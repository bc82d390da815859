-- ===== src/Jobs/Order.antt =====
-- The list of the jobs: how often a job stands in it.
use gwsh.Base.{
  ℕ, zero, suc, ◌+◌, ◌≤◌, ◌<◌, ◌≡◌, ◌∙◌, refl, ap, subst, Bool, true, false, Option, none, some,
  List, [], ◌∷◌, ◌==◌, if◌then◌else◌, if_cases, arith, length, Bool-cases, inl, inr, ==_iff,
}
use gwsh.Jobs.{Job, job_at, change_job, unlink, insert_running, stopped_at}

abbrev pub one_if : Bool → ℕ
one_if true = 1
one_if false = 0

abbrev pub count : ℕ → List ℕ → ℕ
count k [] = 0
count k (jp ∷ order) = one_if (k == jp) + count k order

-- The job that is taken out is counted once less, and the others as before.
abbrev pub Unlinked : ℕ → List ℕ → Option (List ℕ) → Type 0
Unlinked jp order none = ⊥
Unlinked jp order (some order') = (k : ℕ) → count k order' + one_if (k == jp) ≡ count k order

flip : (a b : ℕ) → (a == b) ≡ false → (b == a) ≡ false
flip a b h = ground (arith, h)

Unlinked-cons :
    (jp jp1 : ℕ) (order : List ℕ) (o : Option (List ℕ))
    → Unlinked jp order o
    → Unlinked jp
        (jp1 ∷ order)
        (elim o as (λ _. Option (List ℕ)) [ none ↦ none | some order' ↦ some (jp1 ∷ order') ])
Unlinked-cons jp jp1 order none h = h
Unlinked-cons jp jp1 order (some order') h = λ k. let here = h k in omega (arith, here)

pub unlink-Unlinked :
    (jp : ℕ) (order : List ℕ) → 1 ≤ count jp order → Unlinked jp order (unlink jp order)
unfolding unlink
unlink-Unlinked jp [] h = absurd (omega (arith, h))
unlink-Unlinked jp (jp1 ∷ order) h = elim (Bool-cases (jp1 == jp)) [
  | inl same ↦
      rw same (λ k. let e = ap (λ j. one_if (k == j)) ((==_iff jp1 jp).0 same) in omega (arith, e))
  | inr other ↦ rw other (
      Unlinked-cons jp jp1 order (unlink jp order) (
        unlink-Unlinked jp order (
          let h' = subst (λ b. 1 ≤ one_if b + count jp order) (flip jp1 jp other) h in
          omega (arith, h'))))
]

pub count-insert_running :
    (k : ℕ) (jobs : List Job) (jp : ℕ) (order : List ℕ)
    → count k (insert_running jobs jp order) ≡ one_if (k == jp) + count k order
unfolding insert_running
count-insert_running k jobs jp [] = refl
count-insert_running k jobs jp (jp1 ∷ order) =
    if_cases (λ (o : List ℕ). count k o ≡ one_if (k == jp) + (one_if (k == jp1) + count k order))
      (stopped_at (job_at jp1 jobs))
      (λ _. let rest = count-insert_running k jobs jp order in omega (arith, rest)) (λ _. refl)

abbrev pub is_used : Option Job → Bool
is_used none = false
is_used (some jp) = jp.used

pub used_at-change_job :
    (k i : ℕ) (f : Job → Job) (b : Bool) (jobs : List Job)
    → ((jp : Job) → (f jp).used ≡ b)
    → i < length jobs
    → is_used (job_at k (change_job i f jobs)) ≡ (if k == i then b else is_used (job_at k jobs))
unfolding job_at change_job
used_at-change_job k i f b [] h lt = absurd (omega (arith, lt))
used_at-change_job zero zero f b (jp ∷ jobs) h lt = h jp
used_at-change_job (suc k) zero f b (jp ∷ jobs) h lt = ground arith
used_at-change_job zero (suc i) f b (jp ∷ jobs) h lt = ground arith
used_at-change_job (suc k) (suc i) f b (jp ∷ jobs) h lt =
    used_at-change_job k i f b jobs h (omega (arith, lt)) ∙ (ground arith)

pub used_below : (k : ℕ) (jobs : List Job) → is_used (job_at k jobs) ≡ true → k < length jobs
unfolding job_at
used_below k [] h = absurd cc
used_below zero (jp ∷ jobs) h = omega arith
used_below (suc k) (jp ∷ jobs) h = omega (arith, used_below k jobs h)

pub length-change_job :
    (i : ℕ) (f : Job → Job) (jobs : List Job) → length (change_job i f jobs) ≡ length jobs
unfolding change_job
length-change_job i f [] = refl
length-change_job zero f (jp ∷ jobs) = refl
length-change_job (suc i) f (jp ∷ jobs) = ap suc (length-change_job i f jobs)

pub unlink_first : (jp : ℕ) (order : List ℕ) → unlink jp (jp ∷ order) ≡ some order
unfolding unlink
unlink_first jp order = rw ((==_iff jp jp).1 refl) refl
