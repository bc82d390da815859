-- ===== src/Jobs/Table.antt =====
-- The list of the jobs has each job that is used once, and no other.
use gwsh.Base.{
  bools_apart, ℕ, ◌+◌, ◌≤◌, ◌<◌, ◌≡◌, ◌∙◌, refl, sym, ap, subst, Bool, true, false, Option, none,
  some, List, [], ◌∷◌, ◌==◌, if◌then◌else◌, if_cases, if_split, arith, length, Bool-cases, inl, inr,
  ==_iff,
}
use gwsh.Jobs.{
  Job, Jobs, Mode, cur_delete, cur_running, cur_stopped, job_at, change_job, unlink, reinsert,
  set_curjob, freejob, free_each, freejobs, start_job, own_jobs,
}
use gwsh.Jobs.Order.{
  one_if, count, Unlinked, unlink-Unlinked, count-insert_running, is_used, used_at-change_job,
  used_below, length-change_job, unlink_first,
}

abbrev pub used_at : ℕ → Jobs → Bool
used_at k st = is_used (job_at k st.jobtab)

abbrev pub IsOrdered : Jobs → Type 0
IsOrdered st = (k : ℕ) → count k st.order ≡ one_if (used_at k st)

-- What holds of the state, where there is one: no link is read by a null pointer.
abbrev pub Holds : (Jobs → Type 0) → Option Jobs → Type 0
Holds P none = ⊥
Holds P (some st) = P st

count_used : (jp : ℕ) (st : Jobs) → IsOrdered st → used_at jp st ≡ true → 1 ≤ count jp st.order
count_used jp st is used = let here = is jp ∙ ap one_if used in omega (arith, here)

pub used_counted :
    (jp : ℕ) (st : Jobs) → IsOrdered st → 1 ≤ count jp st.order → used_at jp st ≡ true
used_counted jp st is h = elim (Bool-cases (used_at jp st)) [
  | inl u ↦ u
  | inr u ↦ let here = is jp ∙ ap one_if u in absurd (omega (arith, here, h))
]

one_if_most : (b : Bool) → one_if b ≤ 1
one_if_most true = omega arith
one_if_most false = omega arith

reinsert-count :
    (mode : Mode) (k jp : ℕ) (jobs : List Job) (order : List ℕ)
    → (mode ≡ cur_delete → ⊥)
    → count k (reinsert mode jobs jp order) ≡ one_if (k == jp) + count k order
reinsert-count cur_delete k jp jobs order h = absurd (h refl)
reinsert-count cur_running k jp jobs order h = count-insert_running k jobs jp order
reinsert-count cur_stopped k jp jobs order h = refl

-- A job that is used changes its place in the list.
pub set_curjob-IsOrdered :
    (jp : ℕ) (mode : Mode) (st : Jobs)
    → (mode ≡ cur_delete → ⊥)
    → IsOrdered st
    → used_at jp st ≡ true
    → Holds IsOrdered (set_curjob jp mode st)
unfolding set_curjob
set_curjob-IsOrdered jp mode st moves is used =
    moved (unlink jp st.order) (unlink-Unlinked jp st.order (count_used jp st is used))
  where
    moved :
        (o : Option (List ℕ))
        → Unlinked jp st.order o
        → Holds IsOrdered (elim o as (λ _. Option Jobs) [
          | none ↦ none
          | some order ↦ some (record st { order = reinsert mode st.jobtab jp order })
        ])
    moved none h = h
    moved (some order) h = λ k.
        let one = h k in
        let all = is k in
        let put = reinsert-count mode k jp st.jobtab order moves in omega (arith, one, all, put)

-- What is left where the job was taken out.
abbrev pub Freed : ℕ → Jobs → Jobs → Type 0
Freed jp st st' =
    IsOrdered st'
    × (unlink jp st.order ≡ some st'.order)
    × (used_at jp st' ≡ false)
    × (length st'.jobtab ≡ length st.jobtab)

pub freejob-Freed :
    (jp : ℕ) (st : Jobs) → IsOrdered st → used_at jp st ≡ true → Holds (Freed jp st) (freejob jp st)
unfolding freejob set_curjob
freejob-Freed jp st is used =
    freed (unlink jp st.order) refl (unlink-Unlinked jp st.order (count_used jp st is used))
  where
    jobs : List Job
    jobs = change_job jp (λ job. record job { used = false }) st.jobtab

    now : (k : ℕ) → is_used (job_at k jobs) ≡ (if k == jp then false else used_at k st)
    now k = used_at-change_job k jp _ false st.jobtab (λ _. refl) (used_below jp st.jobtab used)

    counted :
        (order : List ℕ)
        → Unlinked jp st.order (some order)
        → (k : ℕ) → count k order ≡ one_if (if k == jp then false else used_at k st)
    counted order h k = elim (Bool-cases (k == jp)) [
      | inl c ↦
          let here = subst (λ b. count k order + one_if b ≡ count k st.order) c (h k) in
          let all = is k in
          let most = one_if_most (used_at k st) in rw c (omega (arith, here, all, most))
      | inr c ↦
          let here = subst (λ b. count k order + one_if b ≡ count k st.order) c (h k) in
          let all = is k in rw c (omega (arith, here, all))
    ]

    freed :
        (o : Option (List ℕ))
        → unlink jp st.order ≡ o
        → Unlinked jp st.order o
        → Holds (Freed jp st) (elim o as (λ _. Option Jobs) [
          | none ↦ none
          | some order ↦ some (record st { jobtab = jobs; order = order })
        ])
    freed none e h = h
    freed (some order) e h = (
      (λ k. counted order h k ∙ ap one_if (sym (now k))),
      e,
      now jp
          ∙ if_cases (λ b. b ≡ false) (jp == jp) (λ _. refl)
              (λ x. absurd (bools_apart (sym ((==_iff jp jp).1 refl) ∙ x))),
      length-change_job jp _ st.jobtab,
    )

Holds-then :
    (P Q : Jobs → Type 0) (f : Jobs → Option Jobs) (o : Option Jobs)
    → Holds P o
    → ((st : Jobs) → P st → Holds Q (f st))
    → Holds Q (elim o as (λ _. Option Jobs) [ none ↦ none | some st ↦ f st ])
Holds-then P Q f none h g = h
Holds-then P Q f (some st) h g = g st h

pub some-injective : {A : Type 0} {a b : A} → some a ≡ some b → a ≡ b
some-injective h = cc

-- The jobs of the list are freed from the first on.
pub free_each-IsOrdered :
    (order : List ℕ) (st : Jobs)
    → st.order ≡ order
    → IsOrdered st
    → Holds (λ st'. IsOrdered st' × (st'.order ≡ [])) (free_each order st)
unfolding free_each
free_each-IsOrdered [] st same is = (is, same)
free_each-IsOrdered (jp ∷ order) st same is =
    let here =
      subst (λ b. 1 ≤ one_if b + count jp order) (sym ((==_iff jp jp).1 refl)) (omega arith) in
    let first = subst (λ o. 1 ≤ count jp o) (sym same) here in
    Holds-then (Freed jp st) (λ st'. IsOrdered st' × (st'.order ≡ [])) (free_each order)
      (freejob jp st) (freejob-Freed jp st is (used_counted jp st is first))
      λ st' h.
        free_each-IsOrdered order st'
          (some-injective (sym h.1 ∙ ap (unlink jp) same ∙ unlink_first jp order)) h.0

pub freejobs-IsOrdered :
    (st : Jobs) → IsOrdered st → Holds (λ st'. IsOrdered st' × (st'.order ≡ [])) (freejobs st)
unfolding freejobs
freejobs-IsOrdered st is =
    Holds-then (λ st'. IsOrdered st' × (st'.order ≡ [])) (λ st'. IsOrdered st' × (st'.order ≡ []))
      (λ st'. some (record st' { parjob = false })) (free_each st.order st)
      (free_each-IsOrdered st.order st refl is) λ st' h. h

pub own_jobs-IsOrdered : (st : Jobs) → IsOrdered st → Holds IsOrdered (own_jobs st)
own_jobs-IsOrdered st is =
    if_split (Holds IsOrdered) st.parjob (Holds-map (freejobs st) (freejobs-IsOrdered st is)) is
  where
    Holds-map :
        (o : Option Jobs) → Holds (λ st'. IsOrdered st' × (st'.order ≡ [])) o → Holds IsOrdered o
    Holds-map none h = h
    Holds-map (some st') h = h.0

pub start_job-IsOrdered :
    (jp : ℕ) (st : Jobs)
    → jp < length st.jobtab
    → used_at jp st ≡ false
    → IsOrdered st
    → IsOrdered (start_job jp st) × (used_at jp (start_job jp st) ≡ true)
unfolding change_job
start_job-IsOrdered jp st lt unused is = ((λ k. started k ∙ ap one_if (sym (now k))), now jp ∙ here)
  where
    now : (k : ℕ) → used_at k (start_job jp st) ≡ (if k == jp then true else used_at k st)
    now k = used_at-change_job k jp _ true st.jobtab (λ _. refl) lt

    here : (if jp == jp then true else used_at jp st) ≡ true
    here =
        if_cases (λ b. b ≡ true) (jp == jp) (λ _. refl)
          (λ x. absurd (bools_apart (sym ((==_iff jp jp).1 refl) ∙ x)))

    started :
        (k : ℕ)
        → one_if (k == jp) + count k st.order ≡ one_if (if k == jp then true else used_at k st)
    started k = elim (Bool-cases (k == jp)) [
      | inl c ↦
          let same = (==_iff k jp).0 c in
          let none_yet = is k ∙ ap (λ j. one_if (used_at j st)) same ∙ ap one_if unused in
          rw c (omega (arith, none_yet))
      | inr c ↦ let all = is k in rw c (omega (arith, all))
    ]
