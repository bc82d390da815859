-- ===== src/Jobs/Place.antt =====
-- src/jobs.c: where set_curjob puts a job that is stopped or that goes on running.
use gwsh.Base.{
  ℕ, ◌≡◌, ◌≢◌, refl, ap, true, false, Option, none, some, List, [], ◌∷◌, ◌++◌, Bool-cases, inl, inr,
}
use gwsh.Jobs.{
  Job, Jobs, Mode, cur_delete, cur_running, cur_stopped, job_at, stopped_at, unlink, insert_running,
  reinsert, set_curjob,
}
use gwsh.Jobs.Table.{used_at, IsOrdered, Holds, set_curjob-IsOrdered}

abbrev pub AllStopped : List Job → List ℕ → Type 0
AllStopped jobs [] = Unit
AllStopped jobs (jp ∷ order) = (stopped_at (job_at jp jobs) ≡ true) × AllStopped jobs order

-- The first of the jobs, if there is one, is not stopped.
abbrev pub FirstRuns : List Job → List ℕ → Type 0
FirstRuns jobs [] = Unit
FirstRuns jobs (jp ∷ order) = stopped_at (job_at jp jobs) ≡ false

-- Which jobs stand before the one that is put in, and which behind it.
abbrev pub Between : Mode → List Job → List ℕ → List ℕ → Type 0
Between cur_delete jobs before behind = ⊥
Between cur_running jobs before behind = AllStopped jobs before × FirstRuns jobs behind
Between cur_stopped jobs before behind = before ≡ []

abbrev pub Inserts : Mode → List Job → ℕ → List ℕ → List ℕ → Type 0
Inserts mode jobs jp order order' =
    (before : List ℕ) × (behind : List ℕ) × (order ≡ before ++ behind)
    × (order' ≡ before ++ jp ∷ behind)
    × Between mode jobs before behind

-- What set_curjob leaves: the job is taken out of the list and put in at its place.
abbrev pub Placed : ℕ → Mode → Jobs → Jobs → Type 0
Placed jp mode st st' =
    IsOrdered st'
    × ((order : List ℕ) × (unlink jp st.order ≡ some order)
        × Inserts mode st.jobtab jp order st'.order)

insert_running-Inserts :
    (jobs : List Job) (jp : ℕ) (order : List ℕ)
    → Inserts cur_running jobs jp order (insert_running jobs jp order)
unfolding insert_running
insert_running-Inserts jobs jp [] = ([], [], refl, refl, (tt, tt))
insert_running-Inserts jobs jp (jp1 ∷ order) = elim (Bool-cases (stopped_at (job_at jp1 jobs))) [
  | inl e ↦
      let (before, behind, same, same', (stopped, runs)) = insert_running-Inserts jobs jp order in
      rw e (
        jp1 ∷ before,
        behind,
        ap (λ l. jp1 ∷ l) same,
        ap (λ l. jp1 ∷ l) same',
        ((e, stopped), runs),
      )
  | inr e ↦ rw e ([], jp1 ∷ order, refl, refl, (tt, e))
]

reinsert-Inserts :
    (mode : Mode) (jobs : List Job) (jp : ℕ) (order : List ℕ)
    → mode ≢ cur_delete
    → Inserts mode jobs jp order (reinsert mode jobs jp order)
reinsert-Inserts cur_delete jobs jp order moves = absurd (moves refl)
reinsert-Inserts cur_running jobs jp order moves = insert_running-Inserts jobs jp order
reinsert-Inserts cur_stopped jobs jp order moves = ([], order, refl, refl, refl)

pub set_curjob-Placed :
    (jp : ℕ) (mode : Mode) (st : Jobs)
    → mode ≢ cur_delete
    → IsOrdered st
    → used_at jp st ≡ true
    → Holds (Placed jp mode st) (set_curjob jp mode st)
unfolding set_curjob
set_curjob-Placed jp mode st moves is used =
    placed (unlink jp st.order) refl (set_curjob-IsOrdered jp mode st moves is used)
  where
    placed :
        (o : Option (List ℕ))
        → unlink jp st.order ≡ o
        → Holds IsOrdered (elim o as (λ _. Option Jobs) [
          | none ↦ none
          | some order ↦ some (record st { order = reinsert mode st.jobtab jp order })
        ])
        → Holds (Placed jp mode st) (elim o as (λ _. Option Jobs) [
          | none ↦ none
          | some order ↦ some (record st { order = reinsert mode st.jobtab jp order })
        ])
    placed none e h = h
    placed (some order) e h = (h, (order, e, reinsert-Inserts mode st.jobtab jp order moves))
────────────────────
What you are asked to do: Among the lines of the listing above, which ones hold "taken"? Copy them.

Result:
-- The job that is taken out is counted once less, and the others as before.
-- What is left where the job was taken out.
-- What set_curjob leaves: the job is taken out of the list and put in at its place.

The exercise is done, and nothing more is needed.